So the market isn't going straight up anymore. Certainly, the market has become more difficult to trade and invest in during the recent sell-off. But for investors or traders who missed much of the rally, the sell-off is a welcome sight.
Indeed, now that the recent jobs report data in the U.S. has slowed even while trade surplus and housing data in China has picked up, a period of consolidation in the S&P 500 and its tracking exchanged trade fund SPY (SPY) may occur over the next couple months. In this kind of environment, I think it is important to find stocks or individual stories that may not need the macro-environment to continue to move higher to go up more.
MasterCard shares topped out at around $445 a share last week, and today they are just dollars off their highs at around $438 a share. Visa shares, after topping out at around $123 a share, are today just a dollar off their all-time highs. These stocks' impressive relative performance has occurred at a time when most of the major indexes like S&P 500 are still off around 5%.
While I detailed a number of fundamental reasons why I think MasterCard's shares are undervalued longer term in my recent article, several recent reports from the big banks suggest these card processors should report very bullish earnings as well.
Both Citigroup and JP Morgan reported strong credit volume growth of nearly 10% in the fourth quarter, up from a growth number of around 7% in the third quarter. Both banks also reported a significant nearly 10% increase in debit card volume during the same period as well. MasterCard has had very strong earnings during even the toughest period of the last several years. And if debit and credit transactions are increasing, this could be the beginning of a significant uptick in consumer spending here and abroad.
The Charts of Visa and MasterCard, are also very bullish.
Both stocks have consistently made higher lows and higher highs during the last month, and appear ready to breakout.
To conclude, while MasterCard and Visa have both more than doubled in the last two years, these stocks are still up around 20-25% over the last four years after traders and investors first began to fear harsher regulation from Dodd-Frank and the new consumer protection agency.
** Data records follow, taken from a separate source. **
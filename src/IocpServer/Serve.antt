-- ===== src/IocpServer/Serve.antt =====
-- IOCPServer.cpp, `OnAccept` when nothing goes wrong.
use iocp_chat_server.Base.{
  ℕ, suc, ◌≡◌, refl, ◌∙◌, some, true, false, List, [], ◌∷◌, ◌++◌, ◌==◌, ◌≢◌, arith, ◌+◌, ◌%◌, ◌^◌,
}
use iocp_chat_server.Base.Int.{ltb_ℤ}
use iocp_chat_server.Session
use iocp_chat_server.Network.{Winsock}
use iocp_chat_server.Base.Bytes.{length-zeroed}
use iocp_chat_server.Network.IoData.{clear, io_read, set_type, socket_buf_size}
use iocp_chat_server.Network.IocpSession.Buffers.{Full, make-Full, recv_stand_by-Full}
use iocp_chat_server.Network.IocpSession.{
  IocpSession, Event, wsa_recv, check_error_io, recv_stand_by,
}
use iocp_chat_server.Network.IocpSession
use iocp_chat_server.Network.IocpSession.Reassembly.{IsFresh, whole_array, recv_stand_by-IsFresh}
use iocp_chat_server.SessionManager.Memory.{
  Pointer, World, done, update, logs_accept, associates, Effect, socket_io, ◌>>=◌, load_at,
}
use iocp_chat_server.SessionManager.{contains}
use iocp_chat_server.SessionManager.Invariant.{Inv, Inv-store}
use iocp_chat_server.SessionManager.Add.{added, added-Inv}
use iocp_chat_server.IocpServer.{Accepting, on_accept, associate, start_recv, emit_all}
use iocp_chat_server.IocpServer.Accept.{accepted_session, stored, on_accept-stored, register-new}

-- The effects with the calls of the session at `p` on top.
unfoldable pub logged : Pointer → List Event → List Effect → List Effect
logged p [] l = l
logged p (e ∷ es) l = logged p es (socket_io p e ∷ l)

pub emit_all_lem :
    (p : Pointer) (es : List Event) (w : World)
    → emit_all p es w ≡ done tt (record w { effects = logged p es w.effects })
unfolding emit_all logged
emit_all_lem p [] w = refl
emit_all_lem p (e ∷ es) w = emit_all_lem p es (record w { effects = socket_io p e ∷ w.effects })

start_recv_lem :
    (net : Winsock) (fuel : ℕ) (p : Pointer) (s : IocpSession) (w : World)
    → w.heap p ≡ some s
    → start_recv net fuel p w
      ≡ done tt (record w {
        heap = update w.heap p (some (recv_stand_by net s).0);
        effects = logged p (recv_stand_by net s).1 w.effects;
      })
unfolding start_recv
start_recv_lem net fuel p s w e = rw (e, ◌>>=◌, load_at, emit_all_lem)

associate-handle :
    (net : Winsock) (fuel : ℕ) (a : Accepting) (p : Pointer) (s : IocpSession) (v : World)
    → a.handle ≢ 0
    → v.heap p ≡ some s
    → let cleared = record s { read = clear s.read } in
      associate net fuel a p v
      ≡ done tt (record v {
        heap = update (update v.heap p (some cleared)) p (some (recv_stand_by net cleared).0);
        effects = logged p (recv_stand_by net cleared).1 (logs_accept p ∷ associates p ∷ v.effects);
      })
unfolding associate
associate-handle net fuel a p s v h e =
    let some_handle : (a.handle == 0) ≡ false = ground arith in
    let cleared = record s { read = clear s.read } in
    rw (e, ◌>>=◌, load_at, some_handle)
      (start_recv_lem net fuel p cleared
        (record v {
          heap = update v.heap p (some cleared);
          effects = logs_accept p ∷ associates p ∷ v.effects;
        })
        (ground arith))

-- The session as `OnAccept` leaves it.
abbrev waiting_session : Winsock → Accepting → ℕ → ℕ → ℕ → IocpSession
waiting_session net a accepter address id =
    let t = IocpSession.set_id (accepted_session a accepter address) id in
    (recv_stand_by net (record t { read = clear t.read })).0

waiting-socket :
    (net : Winsock) (a : Accepting) (accepter address id : ℕ)
    → (waiting_session net a accepter address id).socket ≡ accepter
unfolding recv_stand_by IocpSession.set_id accepted_session Session.on_accept
waiting-socket net a accepter address id = refl

waiting-id :
    (net : Winsock) (a : Accepting) (accepter address id : ℕ)
    → (waiting_session net a accepter address id).id ≡ id
unfolding recv_stand_by IocpSession.set_id
waiting-id net a accepter address id = refl

waiting-reads :
    (net : Winsock) (a : Accepting) (accepter address id : ℕ)
    → (waiting_session net a accepter address id).read.io_type ≡ io_read
unfolding recv_stand_by IocpSession.set_id accepted_session IocpSession.make clear set_type
waiting-reads net a accepter address id = refl

waiting-Full :
    (net : Winsock) (a : Accepting) (accepter address id : ℕ)
    → Full (waiting_session net a accepter address id)
unfolding IocpSession.set_id accepted_session clear
waiting-Full net a accepter address id =
    let made = make-Full a.memory a.now in
    let t = IocpSession.set_id (accepted_session a accepter address) id in
    recv_stand_by-Full net (record t { read = clear t.read })
      (record { reads = length-zeroed socket_buf_size; writes = made.writes })

-- `w'` is `w` with the new session at the end of the list, with its socket, the next identifier, and
-- waiting for a packet: its socket has been associated with the completion port, and then `WSARecv` has been
-- called for the whole array. Every other object is as it was.
pub record Serves (p : Pointer) (accepter : ℕ) (w w' : World) : Type 0 where
  pub inv : Inv w'
  pub list : w'.session_list ≡ w.session_list ++ p ∷ []
  pub session : IocpSession
  pub there : w'.heap p ≡ some session
  pub socket : session.socket ≡ accepter
  pub id : session.id ≡ w.session_seed
  pub waits : IsFresh session
  pub reads : session.read.io_type ≡ io_read
  pub full : Full session
  pub others : (q : Pointer) → q ≢ p → w'.heap q ≡ w.heap q
  pub calls :
      (es : List Event) × (w'.effects
        ≡ logged p (wsa_recv whole_array ∷ es) (logs_accept p ∷ associates p ∷ w.effects))
  pub seed : w'.session_seed ≡ (w.session_seed + 1) % 2 ^ 64

-- Keep-alive is set, the manager takes the session, and Windows associates its socket: `OnAccept`
-- ends with no fault, the session is listed with its socket and the next identifier, associated, and
-- receives into its whole array; the other objects are as they were.
pub on_accept-Serves :
    (net : Winsock) (fuel : ℕ) (a : Accepting) (accepter address : ℕ) (w : World)
    → Inv w
    → a.pointer ≢ 0
    → contains a.pointer w.session_list ≡ false
    → a.ioctl ≡ 0
    → ltb_ℤ w.max_connection w.session_count ≡ false
    → a.handle ≢ 0
    → (w' : World) × (on_accept net (suc fuel) a accepter address w ≡ done tt w')
      × Serves a.pointer accepter w w'
unfolding stored added recv_stand_by logged
on_accept-Serves net fuel a accepter address w i h c good b handle =
    let p = a.pointer in
    let s = accepted_session a accepter address in
    let ok : (a.ioctl == 0) ≡ true = ground arith in
    let some_handle : (a.handle == 0) ≡ false = ground arith in
    let v = stored p s w in
    let u = added p s v in
    let t = IocpSession.set_id s w.session_seed in
    let cleared = record t { read = clear t.read } in
    let u' = record u {
      heap = update u.heap p (some cleared);
      effects = logs_accept p ∷ associates p ∷ u.effects;
    } in
    let waiting = (recv_stand_by net cleared).0 in
    let w' = record u' {
      heap = update u'.heap p (some waiting);
      effects = logged p (recv_stand_by net cleared).1 u'.effects;
    } in
    let i' = added-Inv p s v h c b (Inv-store p s w.effects w i) in
    (
      w',
      on_accept-stored net fuel a accepter address w h c
          ∙ rw ok (
              register-new net fuel a accepter address w h c s v c (ground arith) b
              ∙ associate-handle net (suc fuel) a p t u handle (ground arith)),
      record {
        inv = Inv-store p waiting w'.effects u' (Inv-store p cleared u'.effects u i');
        list = refl;
        session = waiting;
        there = ground arith;
        socket = waiting-socket net a accepter address w.session_seed;
        id = waiting-id net a accepter address w.session_seed;
        waits = recv_stand_by-IsFresh net cleared;
        reads = waiting-reads net a accepter address w.session_seed;
        full = waiting-Full net a accepter address w.session_seed;
        others = λ q h. ground arith;
        calls = (check_error_io (net.wsa_recv whole_array), refl);
        seed = refl;
      },
    )
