-- ===== src/IocpServer/Worker.antt =====
-- IOCPServer.cpp, `WorkerThread`: what a worker does with each completion.
pub mod Safety
use iocp_chat_server.Base.{ℕ, Option, Bool, true, false, List, [], ◌∷◌, ◌==◌, if◌then◌else◌}
use iocp_chat_server.Network.{PacketObfuscation, Winsock}
use iocp_chat_server.Network.IoData.{IoOperation, io_read, io_write, io_error}
use iocp_chat_server.Network.IocpSession.{
  IocpSession, Received, needs_more, packaged, invalid_packet, overreads, on_recv, on_send,
}
use iocp_chat_server.SessionManager.Memory.{
  Pointer, M, done, fault, out_of_bounds, pure, ◌>>=◌, ◌>>◌, load, store, emit, puts_package,
  logs_close, logs_broken,
}
use iocp_chat_server.SessionManager.{close_session, on_close}
use iocp_chat_server.IocpServer.{emit_all}

-- Which of a session's two `IoData` the completion names.
pub data Slot : Type 0 where
  reading writing : Slot

-- What `GetQueuedCompletionStatus` returns and stores.
pub record Completion : Type 0 where
  pub ret : Bool
  pub session : Pointer
  pub transfer_size : ℕ
  pub io_data : Slot

-- `ioData->Type ()`
abbrev pub type_of : IocpSession → Slot → IoOperation
type_of s reading = s.read.io_type
type_of s writing = s.write.io_type

module _ (net : Winsock) (o : PacketObfuscation) (analyzer : List ℕ → Option ℕ) (fuel : ℕ) where
  -- What becomes of the result of `OnRecv`: `PutPackage`, and `OnClose (true)` on an invalid packet.
  unfoldable pub take_received : Pointer → Received ℕ → M (Unit {0})
  unfolding emit
  take_received p needs_more w = done tt w
  take_received p (packaged packet) w = emit (puts_package p packet) w
  take_received p invalid_packet w = on_close fuel p true w
  take_received p overreads w = fault out_of_bounds

  -- The `switch` on the type.
  unfoldable pub dispatch : IoOperation → Pointer → IocpSession → ℕ → M (Unit {0})
  unfolding load store emit
  dispatch io_write p s n w =
      let (t, events) = on_send net s n in (do store p t; emit_all p events) w
  dispatch io_read p s n w =
      let (t, events, received) = on_recv net o analyzer s n in
      (do store p t; emit_all p events; take_received p received) w
  dispatch io_error p s n w = (do emit (logs_close p); close_session fuel p; pure tt) w

  -- One round of the loop; false if the thread ends.
  unfoldable pub worker_step : Completion → M Bool
  unfolding load emit
  worker_step c w =
      let p = c.session in
      let closed : M Bool = (do load p; emit (logs_close p); close_session fuel p; pure true) in
      let served : M Bool = (do
        s ← load p
        dispatch (type_of s c.io_data) p s c.transfer_size
        pure true) in
      if c.ret
      then if p == 0
        then (do emit logs_broken; pure false) w
        else if c.transfer_size == 0
        then closed w
        else served w
      else done true w

  -- The loop over the completions that arrive before the shutdown.
  unfoldable pub worker_thread : List Completion → M (Unit {0})
  worker_thread [] w = done tt w
  worker_thread (c ∷ cs) w =
      let rest = worker_thread cs in (do more ← worker_step c; if more then rest else pure tt) w
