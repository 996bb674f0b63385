-- ===== src/IocpServer/Packets.antt =====
-- IOCPServer.cpp and IOCPSession.cpp together: the packets that the workers pass on to the server, from
-- the bytes that arrive.
pub mod Pieces
pub mod Stream
pub mod Clients
use iocp_chat_server.Base.{
  ℕ, ◌+◌, ◌<◌, ◌^◌, ◌-◌, ◌≡◌, refl, ap, ◌∙◌, inl, inr, some, Bool, true, false, List, [], ◌∷◌, ◌==◌,
  ◌≢◌, ◌||◌, arith, Bool-cases, Option-cases, Option, length, take, drop,
}
use iocp_chat_server.Base.Machine.{size_t, int32, is_negative}
use iocp_chat_server.Network.{PacketObfuscation, Winsock}
use iocp_chat_server.Network.IoData.{
  io_read, packet_header_size, outside_array, setup_total_bytes, IoData, IoOperation,
}
use iocp_chat_server.Network.IocpSession.{
  IocpSession, Event, Received, needs_more, packaged, invalid_packet, overreads, on_recv,
  is_recving, finish_recv, recv_stand_by,
}
use iocp_chat_server.Network.IocpSession.Reassembly.{deliver, arrive}
use iocp_chat_server.SessionManager.Memory.{
  Pointer, World, M, done, ◌>>=◌, ◌>>◌, load, store, load_at, update, Effect, puts_package,
  socket_io,
}
use iocp_chat_server.IocpServer.Serve.{logged, emit_all_lem}
use iocp_chat_server.IocpServer.Worker.{reading, take_received, dispatch, worker_step}

-- The packets passed to `PutPackage` and the sessions that they come from, newest first.
unfoldable pub packages : List Effect → List (Pointer × ℕ)
packages [] = []
packages (puts_package p k ∷ es) = (p, k) ∷ packages es
packages (e ∷ es) = packages es

pub packages-logged :
    (p : Pointer) (es : List Event) (l : List Effect) → packages (logged p es l) ≡ packages l
unfolding packages logged
packages-logged p [] l = refl
packages-logged p (e ∷ es) l = packages-logged p es (socket_io p e ∷ l)

-- What `OnRecv` is to return for the session to live on.
abbrev pub Fine : Received ℕ → Type 0
Fine needs_more = Unit {0}
Fine (packaged k) = Unit {0}
Fine invalid_packet = ⊥
Fine overreads = ⊥

-- The effects with the package of this result on top.
unfoldable pub put : Pointer → Received ℕ → List Effect → List Effect
put p (packaged k) es = puts_package p k ∷ es
put p needs_more es = es
put p invalid_packet es = es
put p overreads es = es

pub deliver-type : (s : IocpSession) (c : List ℕ) → (deliver s c).read.io_type ≡ s.read.io_type
unfolding deliver
deliver-type s c = refl

module _ (net : Winsock) (o : PacketObfuscation) (analyzer : List ℕ → Option ℕ) where
  finish_recv-type :
      (s : IocpSession) (offset size : ℕ)
      → (finish_recv net o analyzer s offset size).0.read.io_type ≡ s.read.io_type
  unfolding finish_recv recv_stand_by
  finish_recv-type s offset size =
      elim (Option-cases (analyzer (o.decoding_data (take size (drop offset s.read.buffer))))) [
        | inl e ↦ rw (finish_recv, e) refl
        | inr (packet, e) ↦ rw (finish_recv, e) refl
      ]

  setup-type : (d : IoData) → (setup_total_bytes o d).0.io_type ≡ d.io_type
  unfolding setup_total_bytes
  setup-type d = elim (Bool-cases (d.total_bytes == 0)) [ inl e ↦ rw e refl | inr e ↦ rw e refl ]

  pub arrive-type :
      (s : IocpSession) (c : List ℕ) → (arrive net o analyzer s c).0.read.io_type ≡ s.read.io_type
  unfolding arrive on_recv is_recving deliver
  arrive-type s c =
      let t = deliver s c in
      let (d, offset) = setup_total_bytes o t.read in
      let r = is_recving net (record t { read = d }) (length c) in
      let size = int32 (size_t (r.0.read.total_bytes + 2 ^ 64 - packet_header_size)) in
      elim (Bool-cases r.2) [
        | inl more ↦ rw (on_recv, more) (setup-type t.read)
        | inr all ↦ elim (Bool-cases (is_negative size || outside_array offset size)) [
          | inl bad ↦ rw (on_recv, all, bad) (setup-type t.read)
          | inr fits ↦
              rw (on_recv, all, fits)
                (finish_recv-type (record r.0 { posted = t.posted }) offset size
                  ∙ setup-type t.read)
        ]
      ]

  module _ (fuel : ℕ) where
    take_received-lem :
        (p : Pointer) (r : Received ℕ) (w : World)
        → Fine r
        → take_received net o analyzer fuel p r w
          ≡ done tt (record w { effects = put p r w.effects })
    unfolding take_received put
    take_received-lem p needs_more w f = refl
    take_received-lem p (packaged k) w f = refl
    take_received-lem p invalid_packet w f = absurd f
    take_received-lem p overreads w f = absurd f

    dispatch-Fine :
        (p : Pointer) (s : IocpSession) (n : ℕ) (w : World)
        → Fine (on_recv net o analyzer s n).2
        → let r = on_recv net o analyzer s n in
          dispatch net o analyzer fuel io_read p s n w
          ≡ done tt (record w {
            heap = update w.heap p (some r.0);
            effects = put p r.2 (logged p r.1 w.effects);
          })
    unfolding dispatch
    dispatch-Fine p s n w f =
        let r = on_recv net o analyzer s n in
        let v = record w { heap = update w.heap p (some r.0) } in
        rw (emit_all_lem p r.1 v, ◌>>=◌)
          (take_received-lem p r.2 (record v { effects = logged p r.1 v.effects }) f)

    worker_step-Fine :
        (p : Pointer) (s : IocpSession) (n : ℕ) (w : World)
        → w.heap p ≡ some s
        → p ≢ 0
        → 0 < n
        → s.read.io_type ≡ io_read
        → Fine (on_recv net o analyzer s n).2
        → let r = on_recv net o analyzer s n in
          worker_step net o analyzer fuel
            (record { ret = true; session = p; transfer_size = n; io_data = reading })
            w
          ≡ done true (record w {
            heap = update w.heap p (some r.0);
            effects = put p r.2 (logged p r.1 w.effects);
          })
    unfolding worker_step
    worker_step-Fine p s n w e h k y f =
        let not_null : (p == 0) ≡ false = ground arith in
        let some_bytes : (n == 0) ≡ false = ground arith in
        let served =
          ap (λ (t : IoOperation). dispatch net o analyzer fuel t p s n w) y
          ∙ dispatch-Fine p s n w f in
        rw (not_null, some_bytes, e, ◌>>=◌, load_at, served)

    -- Windows puts bytes into the session's buffer, and a worker takes the completion.
    unfoldable pub arrives : Pointer → List ℕ → M Bool
    unfolding load store
    arrives p c w =
        (do
          s ← load p
          store p (deliver s c)
          worker_step net o analyzer fuel
              (record { ret = true; session = p; transfer_size = length c; io_data = reading }))
          w

    pub arrives-Fine :
        (p : Pointer) (c : List ℕ) (s : IocpSession) (w : World)
        → w.heap p ≡ some s
        → p ≢ 0
        → 0 < length c
        → s.read.io_type ≡ io_read
        → Fine (arrive net o analyzer s c).1
        → let r = on_recv net o analyzer (deliver s c) (length c) in
          arrives p c w
          ≡ done true (record w {
            heap = update (update w.heap p (some (deliver s c))) p (some r.0);
            effects = put p r.2 (logged p r.1 w.effects);
          })
    unfolding arrives arrive
    arrives-Fine p c s w e h k y f =
        let t = deliver s c in
        rw (e, ◌>>=◌, load_at)
          (worker_step-Fine p t (length c) (record w { heap = update w.heap p (some t) })
            (ground arith) h k (deliver-type s c ∙ y) f)

    -- The completions of one read after another.
    unfoldable pub arrive_each : Pointer → List (List ℕ) → M (Unit {0})
    arrive_each p [] w = done tt w
    arrive_each p (c ∷ cs) w = let rest = arrive_each p cs in (do arrives p c; rest) w
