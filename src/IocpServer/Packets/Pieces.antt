-- ===== src/IocpServer/Packets/Pieces.antt =====
-- IOCPServer.cpp and IOCPSession.cpp together: the completions of one packet, in pieces.
use iocp_chat_server.Base.{
  ℕ, zero, suc, ◌<◌, ◌≡◌, refl, ap, ◌∙◌, some, true, List, [], ◌∷◌, ◌++◌, ◌≢◌, arith, Option,
  length, replicate,
}
use iocp_chat_server.Network.{PacketObfuscation, Winsock}
use iocp_chat_server.Network.IoData.{io_read}
use iocp_chat_server.Network.IocpSession.{
  IocpSession, Received, needs_more, packaged, invalid_packet, overreads, on_recv,
}
use iocp_chat_server.Network.IocpSession.Reassembly.{
  deliver, arrive, arrive_all, arrive_all-nil, arrive_all-cons, NonEmpty,
}
use iocp_chat_server.SessionManager.Memory.{Pointer, World, done, ◌>>=◌, Effect}
use iocp_chat_server.IocpServer.Serve.{logged}
use iocp_chat_server.IocpServer.Packets.{
  packages, packages-logged, Fine, put, arrives, arrives-Fine, arrive-type, arrive_each,
}

-- The packets of these results, on top of those before.
unfoldable pub packed : Pointer → List (Received ℕ) → List (Pointer × ℕ) → List (Pointer × ℕ)
packed p [] l = l
packed p (packaged k ∷ rs) l = packed p rs ((p, k) ∷ l)
packed p (needs_more ∷ rs) l = packed p rs l
packed p (invalid_packet ∷ rs) l = packed p rs l
packed p (overreads ∷ rs) l = packed p rs l

packed-put :
    (p : Pointer) (r : Received ℕ) (rs : List (Received ℕ)) (l : List Effect)
    → packed p rs (packages (put p r l)) ≡ packed p (r ∷ rs) (packages l)
unfolding packed put packages
packed-put p (packaged k) rs l = refl
packed-put p needs_more rs l = refl
packed-put p invalid_packet rs l = refl
packed-put p overreads rs l = refl

packed-cons :
    (p : Pointer) (r : Received ℕ) (rs : List (Received ℕ)) (l : List (Pointer × ℕ))
    → packed p rs (packed p (r ∷ []) l) ≡ packed p (r ∷ rs) l
unfolding packed
packed-cons p (packaged k) rs l = refl
packed-cons p needs_more rs l = refl
packed-cons p invalid_packet rs l = refl
packed-cons p overreads rs l = refl

packed-frame :
    (p : Pointer) (n k : ℕ) (l : List (Pointer × ℕ))
    → packed p (replicate n needs_more ++ packaged k ∷ []) l ≡ (p, k) ∷ l
unfolding packed
packed-frame p zero k l = refl
packed-frame p (suc n) k l = packed-frame p n k l

abbrev pub AllFine : List (Received ℕ) → Type 0
AllFine [] = Unit {0}
AllFine (r ∷ rs) = Fine r × AllFine rs

pub AllFine-frame : (n k : ℕ) → AllFine (replicate n needs_more ++ packaged k ∷ [])
AllFine-frame zero k = (tt, tt)
AllFine-frame (suc n) k = (tt, AllFine-frame n k)

-- From `w` to `w'` the session at `p` has become `t`, and these packages have been put; the rest of
-- the table is as it was.
pub record Puts (p : Pointer) (t : IocpSession) (l : List (Pointer × ℕ)) (w w' : World)
    : Type 0 where
  pub there : w'.heap p ≡ some t
  pub others : (q : Pointer) → q ≢ p → w'.heap q ≡ w.heap q
  pub list : w'.session_list ≡ w.session_list
  pub packages_put : packages w'.effects ≡ l

pub Puts-trans :
    {p : Pointer} {s t : IocpSession} {k l : List (Pointer × ℕ)} {w w' w'' : World}
    → Puts p s k w w'
    → Puts p t l w' w''
    → Puts p t l w w''
Puts-trans a b = record {
  there = b.there;
  others = λ q h. b.others q h ∙ a.others q h;
  list = b.list ∙ a.list;
  packages_put = b.packages_put;
}

module _ (net : Winsock) (o : PacketObfuscation) (analyzer : List ℕ → Option ℕ) (fuel : ℕ)
    (p : Pointer) (some_session : p ≢ 0) where
  pub arrives-Puts :
      (c : List ℕ) (s : IocpSession) (w : World)
      → w.heap p ≡ some s
      → 0 < length c
      → s.read.io_type ≡ io_read
      → Fine (arrive net o analyzer s c).1
      → (w' : World) × (arrives net o analyzer fuel p c w ≡ done true w')
        × Puts p
            (arrive net o analyzer s c).0
            (packed p ((arrive net o analyzer s c).1 ∷ []) (packages w.effects))
            w
            w'
  unfolding arrive packed
  arrives-Puts c s w e k y f =
      let r = on_recv net o analyzer (deliver s c) (length c) in
      (
        _,
        arrives-Fine net o analyzer fuel p c s w e some_session k y f,
        record {
          there = ground arith;
          others = λ q h. ground arith;
          list = refl;
          packages_put =
              packed-put p r.2 [] (logged p r.1 w.effects)
              ∙ ap (packed p (r.2 ∷ [])) (packages-logged p r.1 w.effects);
        },
      )

  pub arrive_each-Puts :
      (cs : List (List ℕ)) (s : IocpSession) (w : World)
      → w.heap p ≡ some s
      → NonEmpty cs
      → s.read.io_type ≡ io_read
      → AllFine (arrive_all net o analyzer s cs).1
      → (w' : World) × (arrive_each net o analyzer fuel p cs w ≡ done tt w')
        × Puts p
            (arrive_all net o analyzer s cs).0
            (packed p (arrive_all net o analyzer s cs).1 (packages w.effects))
            w
            w'
  unfolding arrive_each packed
  arrive_each-Puts [] s w e ne y f = (
    w,
    refl,
    rw (arrive_all-nil net o analyzer s)
        (record { there = e; others = λ q h. refl; list = refl; packages_put = refl }),
  )
  arrive_each-Puts (c ∷ cs) s w e ne y f =
      let step = arrive net o analyzer s c in
      let both = arrive_all-cons net o analyzer s c cs in
      let fine : AllFine (step.1 ∷ (arrive_all net o analyzer step.0 cs).1) = rw both at f in
      let a = arrives-Puts c s w e ne.0 y fine.0 in
      let b =
        arrive_each-Puts cs step.0 a.0 a.2.there ne.1 (arrive-type net o analyzer s c ∙ y) fine.1 in
      let put_all =
        b.2.packages_put
        ∙ ap (packed p (arrive_all net o analyzer step.0 cs).1) a.2.packages_put
        ∙ packed-cons p step.1 (arrive_all net o analyzer step.0 cs).1 (packages w.effects) in
      (
        b.0,
        rw (a.1, ◌>>=◌) (b.1),
        rw both (
            Puts-trans a.2 (record {
              there = b.2.there;
              others = b.2.others;
              list = b.2.list;
              packages_put = put_all;
            })),
      )

pub Puts-frame :
    {p : Pointer} {t : IocpSession} {w w' : World} {a : IocpSession × List (Received ℕ)} (n k : ℕ)
    (l : List (Pointer × ℕ))
    → a ≡ (t, replicate n needs_more ++ packaged k ∷ [])
    → Puts p a.0 (packed p a.1 l) w w'
    → Puts p t ((p, k) ∷ l) w w'
Puts-frame {p} {t} {w} {w'} {a} n k l e b = record {
  there = b.there ∙ ap (λ (x : IocpSession × List (Received ℕ)). some x.0) e;
  others = b.others;
  list = b.list;
  packages_put =
      b.packages_put
      ∙ ap (λ (x : IocpSession × List (Received ℕ)). packed p x.1 l) e
      ∙ packed-frame p n k l;
}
Now that the consumer protection agency has been centralized within the industry-friendly Federal Reserve and limits on certain kinds of fees like debit card transactions have been fairly mundane, these stocks look ready to run. Both Visa and MasterCard trade at around 15x an average estimate of next year's earnings. Estimates continue to rise, and these companies generate enormous amounts of free cash flow, as well.
While the overall indexes may consolidate for some time, growth stocks with strong individual stories and improving fundamentals should be able to continue to move higher. While some high growth stocks like Apple (AAPL) may lack catalysts for the next couple months, stocks like MasterCard and Visa should be able to continue to move higher as long as credit and debit transactions are increasing.
Disclosure: I have no positions in any stocks mentioned, and no plans to initiate any positions within the next 72 hours.